Your objective =
Copy the lines below exactly. Start at the first and finish with the line containing "Type 0) where".

··· Given data

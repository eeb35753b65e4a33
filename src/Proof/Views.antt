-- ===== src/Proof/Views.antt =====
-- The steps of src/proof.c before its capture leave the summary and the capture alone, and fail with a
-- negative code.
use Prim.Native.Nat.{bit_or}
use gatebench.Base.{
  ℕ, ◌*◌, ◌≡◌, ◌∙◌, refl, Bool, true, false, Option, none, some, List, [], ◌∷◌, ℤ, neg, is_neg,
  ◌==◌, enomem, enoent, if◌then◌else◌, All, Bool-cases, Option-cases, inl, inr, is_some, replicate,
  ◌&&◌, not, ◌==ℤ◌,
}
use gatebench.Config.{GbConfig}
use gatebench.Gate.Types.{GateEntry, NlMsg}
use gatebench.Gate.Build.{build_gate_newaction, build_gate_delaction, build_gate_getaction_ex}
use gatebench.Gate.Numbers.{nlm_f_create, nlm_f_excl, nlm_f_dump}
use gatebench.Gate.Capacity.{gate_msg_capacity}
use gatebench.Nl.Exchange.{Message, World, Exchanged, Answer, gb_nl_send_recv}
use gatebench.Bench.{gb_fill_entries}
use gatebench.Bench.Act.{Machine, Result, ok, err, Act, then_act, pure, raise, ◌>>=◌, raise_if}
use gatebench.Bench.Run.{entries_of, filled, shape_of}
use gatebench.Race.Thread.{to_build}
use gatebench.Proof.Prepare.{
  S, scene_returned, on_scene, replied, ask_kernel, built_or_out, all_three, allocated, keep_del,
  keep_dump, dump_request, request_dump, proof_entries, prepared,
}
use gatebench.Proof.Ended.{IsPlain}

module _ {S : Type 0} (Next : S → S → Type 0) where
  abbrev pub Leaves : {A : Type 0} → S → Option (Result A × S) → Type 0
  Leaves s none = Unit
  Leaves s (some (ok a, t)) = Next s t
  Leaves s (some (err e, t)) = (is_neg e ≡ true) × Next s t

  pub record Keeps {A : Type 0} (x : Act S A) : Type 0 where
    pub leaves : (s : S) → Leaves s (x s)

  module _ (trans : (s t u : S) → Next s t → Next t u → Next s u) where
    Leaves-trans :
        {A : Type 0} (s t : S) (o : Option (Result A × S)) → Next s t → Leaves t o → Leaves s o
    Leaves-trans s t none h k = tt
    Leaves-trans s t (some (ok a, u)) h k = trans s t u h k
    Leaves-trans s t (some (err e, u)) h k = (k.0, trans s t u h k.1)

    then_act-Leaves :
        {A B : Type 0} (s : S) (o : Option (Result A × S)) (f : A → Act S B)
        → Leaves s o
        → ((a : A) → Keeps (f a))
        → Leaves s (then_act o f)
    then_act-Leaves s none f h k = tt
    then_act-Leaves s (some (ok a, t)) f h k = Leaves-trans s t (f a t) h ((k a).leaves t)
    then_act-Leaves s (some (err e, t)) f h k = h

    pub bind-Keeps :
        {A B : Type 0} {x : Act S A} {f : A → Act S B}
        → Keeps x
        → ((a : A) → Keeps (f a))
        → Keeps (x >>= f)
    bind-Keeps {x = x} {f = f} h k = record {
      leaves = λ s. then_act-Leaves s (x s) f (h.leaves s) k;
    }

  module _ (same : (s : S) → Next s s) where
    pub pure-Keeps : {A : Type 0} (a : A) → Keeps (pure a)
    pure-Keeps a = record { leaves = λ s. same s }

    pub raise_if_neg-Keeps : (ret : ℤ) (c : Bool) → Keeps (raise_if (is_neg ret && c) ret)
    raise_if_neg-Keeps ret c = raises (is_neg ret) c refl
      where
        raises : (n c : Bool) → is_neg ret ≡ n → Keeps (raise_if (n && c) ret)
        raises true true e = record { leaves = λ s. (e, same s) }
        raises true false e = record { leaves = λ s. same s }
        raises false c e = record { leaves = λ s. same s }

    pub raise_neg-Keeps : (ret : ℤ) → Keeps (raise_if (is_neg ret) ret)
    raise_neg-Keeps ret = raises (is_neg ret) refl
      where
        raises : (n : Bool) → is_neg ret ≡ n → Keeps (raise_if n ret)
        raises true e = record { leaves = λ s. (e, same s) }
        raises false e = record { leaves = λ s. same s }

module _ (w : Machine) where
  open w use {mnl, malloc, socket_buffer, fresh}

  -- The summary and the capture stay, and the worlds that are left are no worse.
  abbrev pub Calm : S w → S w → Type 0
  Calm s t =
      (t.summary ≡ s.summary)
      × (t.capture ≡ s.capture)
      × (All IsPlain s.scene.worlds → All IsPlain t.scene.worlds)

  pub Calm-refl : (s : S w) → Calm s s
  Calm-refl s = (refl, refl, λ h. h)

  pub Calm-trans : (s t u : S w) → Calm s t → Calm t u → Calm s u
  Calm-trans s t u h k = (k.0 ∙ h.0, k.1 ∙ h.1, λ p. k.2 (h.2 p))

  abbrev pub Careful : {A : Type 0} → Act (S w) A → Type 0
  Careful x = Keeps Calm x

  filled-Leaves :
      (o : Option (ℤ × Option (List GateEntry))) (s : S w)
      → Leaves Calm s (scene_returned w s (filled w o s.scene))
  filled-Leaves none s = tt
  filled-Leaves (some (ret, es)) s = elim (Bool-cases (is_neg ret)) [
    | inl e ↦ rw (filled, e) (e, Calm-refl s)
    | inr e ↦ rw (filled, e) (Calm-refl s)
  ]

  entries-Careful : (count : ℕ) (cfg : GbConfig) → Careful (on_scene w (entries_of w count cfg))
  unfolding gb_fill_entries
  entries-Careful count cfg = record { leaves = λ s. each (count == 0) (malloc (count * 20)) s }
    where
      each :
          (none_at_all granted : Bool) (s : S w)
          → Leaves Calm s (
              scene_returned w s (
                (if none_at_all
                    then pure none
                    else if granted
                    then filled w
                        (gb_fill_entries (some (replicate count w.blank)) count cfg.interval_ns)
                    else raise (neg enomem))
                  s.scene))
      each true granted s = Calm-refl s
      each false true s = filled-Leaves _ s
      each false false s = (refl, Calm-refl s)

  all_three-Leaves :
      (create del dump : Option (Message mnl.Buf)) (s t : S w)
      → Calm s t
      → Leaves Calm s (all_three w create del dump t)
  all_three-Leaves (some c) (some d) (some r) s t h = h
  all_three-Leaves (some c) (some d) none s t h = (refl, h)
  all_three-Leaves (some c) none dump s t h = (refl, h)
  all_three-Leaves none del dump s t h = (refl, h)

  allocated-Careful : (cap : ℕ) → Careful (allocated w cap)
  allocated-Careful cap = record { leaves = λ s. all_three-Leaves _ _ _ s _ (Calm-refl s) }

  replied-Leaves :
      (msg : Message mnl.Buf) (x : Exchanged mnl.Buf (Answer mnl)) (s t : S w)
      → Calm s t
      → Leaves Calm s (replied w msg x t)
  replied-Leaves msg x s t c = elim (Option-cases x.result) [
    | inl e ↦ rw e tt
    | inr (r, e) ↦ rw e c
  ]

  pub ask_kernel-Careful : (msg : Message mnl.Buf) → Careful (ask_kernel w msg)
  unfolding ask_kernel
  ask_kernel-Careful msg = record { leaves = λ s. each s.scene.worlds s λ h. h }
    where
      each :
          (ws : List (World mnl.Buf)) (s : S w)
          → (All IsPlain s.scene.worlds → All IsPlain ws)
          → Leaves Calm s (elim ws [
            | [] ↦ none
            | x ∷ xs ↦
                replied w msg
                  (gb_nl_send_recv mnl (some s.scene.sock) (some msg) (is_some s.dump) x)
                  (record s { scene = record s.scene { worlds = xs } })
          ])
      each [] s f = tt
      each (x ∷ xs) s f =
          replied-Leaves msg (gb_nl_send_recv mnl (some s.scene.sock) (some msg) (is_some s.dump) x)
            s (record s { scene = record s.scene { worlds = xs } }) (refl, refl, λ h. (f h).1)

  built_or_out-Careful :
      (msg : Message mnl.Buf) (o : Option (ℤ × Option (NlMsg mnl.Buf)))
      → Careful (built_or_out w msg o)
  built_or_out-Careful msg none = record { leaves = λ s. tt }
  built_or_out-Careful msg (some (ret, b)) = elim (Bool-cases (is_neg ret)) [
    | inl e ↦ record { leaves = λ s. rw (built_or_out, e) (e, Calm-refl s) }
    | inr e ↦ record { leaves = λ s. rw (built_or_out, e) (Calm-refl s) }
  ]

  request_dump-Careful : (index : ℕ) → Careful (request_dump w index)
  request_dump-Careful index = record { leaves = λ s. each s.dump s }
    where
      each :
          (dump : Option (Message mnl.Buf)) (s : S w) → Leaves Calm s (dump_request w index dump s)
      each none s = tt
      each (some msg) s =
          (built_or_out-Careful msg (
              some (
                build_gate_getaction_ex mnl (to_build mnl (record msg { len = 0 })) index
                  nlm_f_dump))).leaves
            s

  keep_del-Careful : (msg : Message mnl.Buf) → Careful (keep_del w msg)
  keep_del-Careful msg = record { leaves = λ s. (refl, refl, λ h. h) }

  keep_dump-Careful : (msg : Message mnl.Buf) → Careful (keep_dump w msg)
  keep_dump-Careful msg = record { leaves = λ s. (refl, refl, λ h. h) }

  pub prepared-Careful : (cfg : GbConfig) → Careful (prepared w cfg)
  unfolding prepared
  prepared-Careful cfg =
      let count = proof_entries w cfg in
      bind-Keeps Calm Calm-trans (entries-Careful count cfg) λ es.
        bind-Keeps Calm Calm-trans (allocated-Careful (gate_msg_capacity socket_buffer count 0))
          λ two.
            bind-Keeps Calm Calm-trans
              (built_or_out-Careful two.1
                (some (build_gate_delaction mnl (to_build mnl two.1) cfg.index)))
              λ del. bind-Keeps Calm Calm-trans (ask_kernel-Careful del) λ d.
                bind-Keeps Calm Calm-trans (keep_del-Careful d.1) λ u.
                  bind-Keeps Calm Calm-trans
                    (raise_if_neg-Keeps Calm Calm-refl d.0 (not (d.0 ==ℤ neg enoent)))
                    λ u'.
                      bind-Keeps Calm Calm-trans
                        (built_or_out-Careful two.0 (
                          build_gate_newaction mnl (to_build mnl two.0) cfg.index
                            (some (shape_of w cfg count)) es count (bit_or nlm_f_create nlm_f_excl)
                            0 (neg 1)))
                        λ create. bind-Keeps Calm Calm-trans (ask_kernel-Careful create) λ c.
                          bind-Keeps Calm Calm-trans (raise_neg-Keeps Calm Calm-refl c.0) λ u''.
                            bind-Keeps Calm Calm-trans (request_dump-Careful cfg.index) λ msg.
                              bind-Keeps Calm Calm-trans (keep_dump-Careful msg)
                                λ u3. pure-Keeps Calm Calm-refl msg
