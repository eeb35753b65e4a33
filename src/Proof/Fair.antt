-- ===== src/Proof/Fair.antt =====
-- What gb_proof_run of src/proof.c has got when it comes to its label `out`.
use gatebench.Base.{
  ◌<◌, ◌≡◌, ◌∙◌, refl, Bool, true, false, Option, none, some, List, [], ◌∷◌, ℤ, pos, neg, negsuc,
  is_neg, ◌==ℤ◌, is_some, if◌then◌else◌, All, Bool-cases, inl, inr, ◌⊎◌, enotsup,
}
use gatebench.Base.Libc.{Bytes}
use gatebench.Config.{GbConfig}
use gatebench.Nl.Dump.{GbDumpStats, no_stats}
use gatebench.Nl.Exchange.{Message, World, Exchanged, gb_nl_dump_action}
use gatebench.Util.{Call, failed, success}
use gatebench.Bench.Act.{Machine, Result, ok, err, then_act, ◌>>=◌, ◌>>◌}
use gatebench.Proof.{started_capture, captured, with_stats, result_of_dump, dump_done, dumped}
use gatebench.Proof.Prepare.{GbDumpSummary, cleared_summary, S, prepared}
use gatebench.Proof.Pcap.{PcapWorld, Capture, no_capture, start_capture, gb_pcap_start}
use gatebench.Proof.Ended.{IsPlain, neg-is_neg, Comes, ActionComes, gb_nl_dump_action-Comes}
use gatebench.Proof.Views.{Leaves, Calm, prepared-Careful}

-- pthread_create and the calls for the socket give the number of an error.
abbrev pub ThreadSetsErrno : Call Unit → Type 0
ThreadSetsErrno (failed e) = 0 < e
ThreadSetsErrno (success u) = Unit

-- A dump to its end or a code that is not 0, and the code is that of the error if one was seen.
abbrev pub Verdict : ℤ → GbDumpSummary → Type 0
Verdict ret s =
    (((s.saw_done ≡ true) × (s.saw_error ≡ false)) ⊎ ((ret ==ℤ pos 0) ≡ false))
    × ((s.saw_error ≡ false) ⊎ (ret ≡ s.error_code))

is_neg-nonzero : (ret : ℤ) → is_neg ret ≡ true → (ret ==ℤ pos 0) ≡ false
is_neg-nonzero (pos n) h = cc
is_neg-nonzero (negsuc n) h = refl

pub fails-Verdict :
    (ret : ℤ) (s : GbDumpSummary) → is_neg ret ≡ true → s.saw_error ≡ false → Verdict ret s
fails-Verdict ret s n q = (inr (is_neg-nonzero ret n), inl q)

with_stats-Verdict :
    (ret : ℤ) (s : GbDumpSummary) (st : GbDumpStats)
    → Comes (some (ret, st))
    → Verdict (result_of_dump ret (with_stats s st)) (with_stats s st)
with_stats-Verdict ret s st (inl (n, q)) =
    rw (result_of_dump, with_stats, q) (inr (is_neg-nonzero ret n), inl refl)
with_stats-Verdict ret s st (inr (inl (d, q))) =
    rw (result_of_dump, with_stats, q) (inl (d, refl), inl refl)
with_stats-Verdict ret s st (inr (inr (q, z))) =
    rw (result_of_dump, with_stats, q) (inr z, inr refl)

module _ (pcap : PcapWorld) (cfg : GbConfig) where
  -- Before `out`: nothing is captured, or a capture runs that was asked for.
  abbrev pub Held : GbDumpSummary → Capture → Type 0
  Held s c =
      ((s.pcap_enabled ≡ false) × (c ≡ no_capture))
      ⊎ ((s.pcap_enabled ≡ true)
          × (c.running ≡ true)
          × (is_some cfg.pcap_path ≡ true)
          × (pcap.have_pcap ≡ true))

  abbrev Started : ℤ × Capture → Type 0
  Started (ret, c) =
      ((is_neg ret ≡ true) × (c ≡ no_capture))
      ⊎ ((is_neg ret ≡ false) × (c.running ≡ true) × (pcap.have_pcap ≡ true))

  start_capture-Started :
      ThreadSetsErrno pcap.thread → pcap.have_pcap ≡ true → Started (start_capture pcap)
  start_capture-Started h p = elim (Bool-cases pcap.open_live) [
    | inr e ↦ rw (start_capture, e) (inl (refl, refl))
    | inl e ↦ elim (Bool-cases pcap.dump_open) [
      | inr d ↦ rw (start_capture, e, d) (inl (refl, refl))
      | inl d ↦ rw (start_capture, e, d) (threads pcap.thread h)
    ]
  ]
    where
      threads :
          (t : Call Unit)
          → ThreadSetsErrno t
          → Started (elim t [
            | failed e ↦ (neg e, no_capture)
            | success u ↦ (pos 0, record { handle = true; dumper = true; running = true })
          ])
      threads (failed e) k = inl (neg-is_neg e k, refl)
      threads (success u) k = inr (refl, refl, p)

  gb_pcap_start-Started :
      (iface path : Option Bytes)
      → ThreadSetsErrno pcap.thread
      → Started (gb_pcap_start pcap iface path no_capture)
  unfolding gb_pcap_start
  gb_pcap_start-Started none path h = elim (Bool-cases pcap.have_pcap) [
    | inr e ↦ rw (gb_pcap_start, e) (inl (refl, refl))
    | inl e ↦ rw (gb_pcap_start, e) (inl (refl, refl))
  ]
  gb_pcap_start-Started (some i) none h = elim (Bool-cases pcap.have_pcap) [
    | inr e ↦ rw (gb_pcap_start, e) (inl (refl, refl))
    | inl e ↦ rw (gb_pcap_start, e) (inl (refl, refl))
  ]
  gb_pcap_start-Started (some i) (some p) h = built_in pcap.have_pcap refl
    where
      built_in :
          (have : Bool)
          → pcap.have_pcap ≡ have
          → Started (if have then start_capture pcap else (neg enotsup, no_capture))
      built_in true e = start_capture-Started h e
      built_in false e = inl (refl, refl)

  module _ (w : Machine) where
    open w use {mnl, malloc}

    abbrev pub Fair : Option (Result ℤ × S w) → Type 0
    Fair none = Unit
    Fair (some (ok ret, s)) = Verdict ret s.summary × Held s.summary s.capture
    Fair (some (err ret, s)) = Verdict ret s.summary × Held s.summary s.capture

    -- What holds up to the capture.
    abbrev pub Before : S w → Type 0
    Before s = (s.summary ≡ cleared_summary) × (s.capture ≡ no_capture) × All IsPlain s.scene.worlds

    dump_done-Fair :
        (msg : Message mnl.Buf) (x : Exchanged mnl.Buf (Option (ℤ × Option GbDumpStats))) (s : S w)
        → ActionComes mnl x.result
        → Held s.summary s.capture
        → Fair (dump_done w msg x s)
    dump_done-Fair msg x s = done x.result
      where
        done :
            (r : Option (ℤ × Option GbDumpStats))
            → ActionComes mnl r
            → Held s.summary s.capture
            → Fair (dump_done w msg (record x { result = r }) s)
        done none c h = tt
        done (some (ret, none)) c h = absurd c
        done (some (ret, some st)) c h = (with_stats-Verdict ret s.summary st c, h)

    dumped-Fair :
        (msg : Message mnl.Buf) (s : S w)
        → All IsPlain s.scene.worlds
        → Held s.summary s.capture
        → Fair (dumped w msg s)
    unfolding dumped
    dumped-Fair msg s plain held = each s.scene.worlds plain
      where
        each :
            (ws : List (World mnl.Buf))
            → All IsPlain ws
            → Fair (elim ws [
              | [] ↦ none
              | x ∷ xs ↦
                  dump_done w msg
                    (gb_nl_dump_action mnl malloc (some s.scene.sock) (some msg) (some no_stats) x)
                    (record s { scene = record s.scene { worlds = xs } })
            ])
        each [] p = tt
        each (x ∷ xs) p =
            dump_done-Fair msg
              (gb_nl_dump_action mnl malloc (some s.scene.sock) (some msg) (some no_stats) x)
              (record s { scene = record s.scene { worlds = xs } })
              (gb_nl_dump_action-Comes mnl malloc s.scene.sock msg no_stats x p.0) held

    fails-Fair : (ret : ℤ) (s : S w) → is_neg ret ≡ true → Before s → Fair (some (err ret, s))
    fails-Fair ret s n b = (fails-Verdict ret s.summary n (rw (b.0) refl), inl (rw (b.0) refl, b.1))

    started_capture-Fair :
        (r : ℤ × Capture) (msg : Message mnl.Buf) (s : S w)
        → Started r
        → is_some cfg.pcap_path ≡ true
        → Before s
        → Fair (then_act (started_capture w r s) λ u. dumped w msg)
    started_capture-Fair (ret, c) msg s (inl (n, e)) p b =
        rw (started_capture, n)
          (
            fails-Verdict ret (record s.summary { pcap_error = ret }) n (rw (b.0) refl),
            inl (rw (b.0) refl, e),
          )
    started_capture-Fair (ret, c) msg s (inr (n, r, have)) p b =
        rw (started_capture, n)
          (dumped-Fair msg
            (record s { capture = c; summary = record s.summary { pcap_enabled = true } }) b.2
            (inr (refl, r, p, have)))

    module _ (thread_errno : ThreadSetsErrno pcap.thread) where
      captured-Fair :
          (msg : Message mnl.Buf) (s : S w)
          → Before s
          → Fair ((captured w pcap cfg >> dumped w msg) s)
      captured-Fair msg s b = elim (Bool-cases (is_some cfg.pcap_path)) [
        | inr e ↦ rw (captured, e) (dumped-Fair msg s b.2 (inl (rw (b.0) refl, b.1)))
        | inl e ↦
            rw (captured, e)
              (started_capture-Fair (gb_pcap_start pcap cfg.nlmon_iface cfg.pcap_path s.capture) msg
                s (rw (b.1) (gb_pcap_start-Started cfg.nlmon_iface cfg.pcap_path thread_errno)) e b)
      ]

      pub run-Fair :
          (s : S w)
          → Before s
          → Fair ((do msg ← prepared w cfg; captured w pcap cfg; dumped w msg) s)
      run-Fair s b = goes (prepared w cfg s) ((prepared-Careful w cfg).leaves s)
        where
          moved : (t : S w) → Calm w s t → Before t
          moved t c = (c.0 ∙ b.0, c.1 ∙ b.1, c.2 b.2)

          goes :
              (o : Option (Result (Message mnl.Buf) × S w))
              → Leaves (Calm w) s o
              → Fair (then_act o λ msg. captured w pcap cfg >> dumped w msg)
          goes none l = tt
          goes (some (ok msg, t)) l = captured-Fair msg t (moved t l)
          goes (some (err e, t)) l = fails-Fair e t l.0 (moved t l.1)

······

Your solution =
repository eeb35753b65e4a33
filename src/Proof/Views.antt
-- ===== src/Proof/Views.antt =====
-- The steps of src/proof.c before its capture leave the summary and the capture alone, and fail with a
-- negative code.
use Prim.Native.Nat.{bit_or}
use gatebench.Base.{
  ℕ, ◌*◌, ◌≡◌, ◌∙◌, refl, Bool, true, false, Option, none, some, List, [], ◌∷◌, ℤ, neg, is_neg,
  ◌==◌, enomem, enoent, if◌then◌else◌, All, Bool-cases, Option-cases, inl, inr, is_some, replicate,
  ◌&&◌, not, ◌==ℤ◌,
}
use gatebench.Config.{GbConfig}
use gatebench.Gate.Types.{GateEntry, NlMsg}
use gatebench.Gate.Build.{build_gate_newaction, build_gate_delaction, build_gate_getaction_ex}
use gatebench.Gate.Numbers.{nlm_f_create, nlm_f_excl, nlm_f_dump}
use gatebench.Gate.Capacity.{gate_msg_capacity}
use gatebench.Nl.Exchange.{Message, World, Exchanged, Answer, gb_nl_send_recv}
use gatebench.Bench.{gb_fill_entries}
use gatebench.Bench.Act.{Machine, Result, ok, err, Act, then_act, pure, raise, ◌>>=◌, raise_if}
use gatebench.Bench.Run.{entries_of, filled, shape_of}
use gatebench.Race.Thread.{to_build}
use gatebench.Proof.Prepare.{
  S, scene_returned, on_scene, replied, ask_kernel, built_or_out, all_three, allocated, keep_del,
  keep_dump, dump_request, request_dump, proof_entries, prepared,
}
use gatebench.Proof.Ended.{IsPlain}

module _ {S : Type 0} (Next : S → S → Type 0) where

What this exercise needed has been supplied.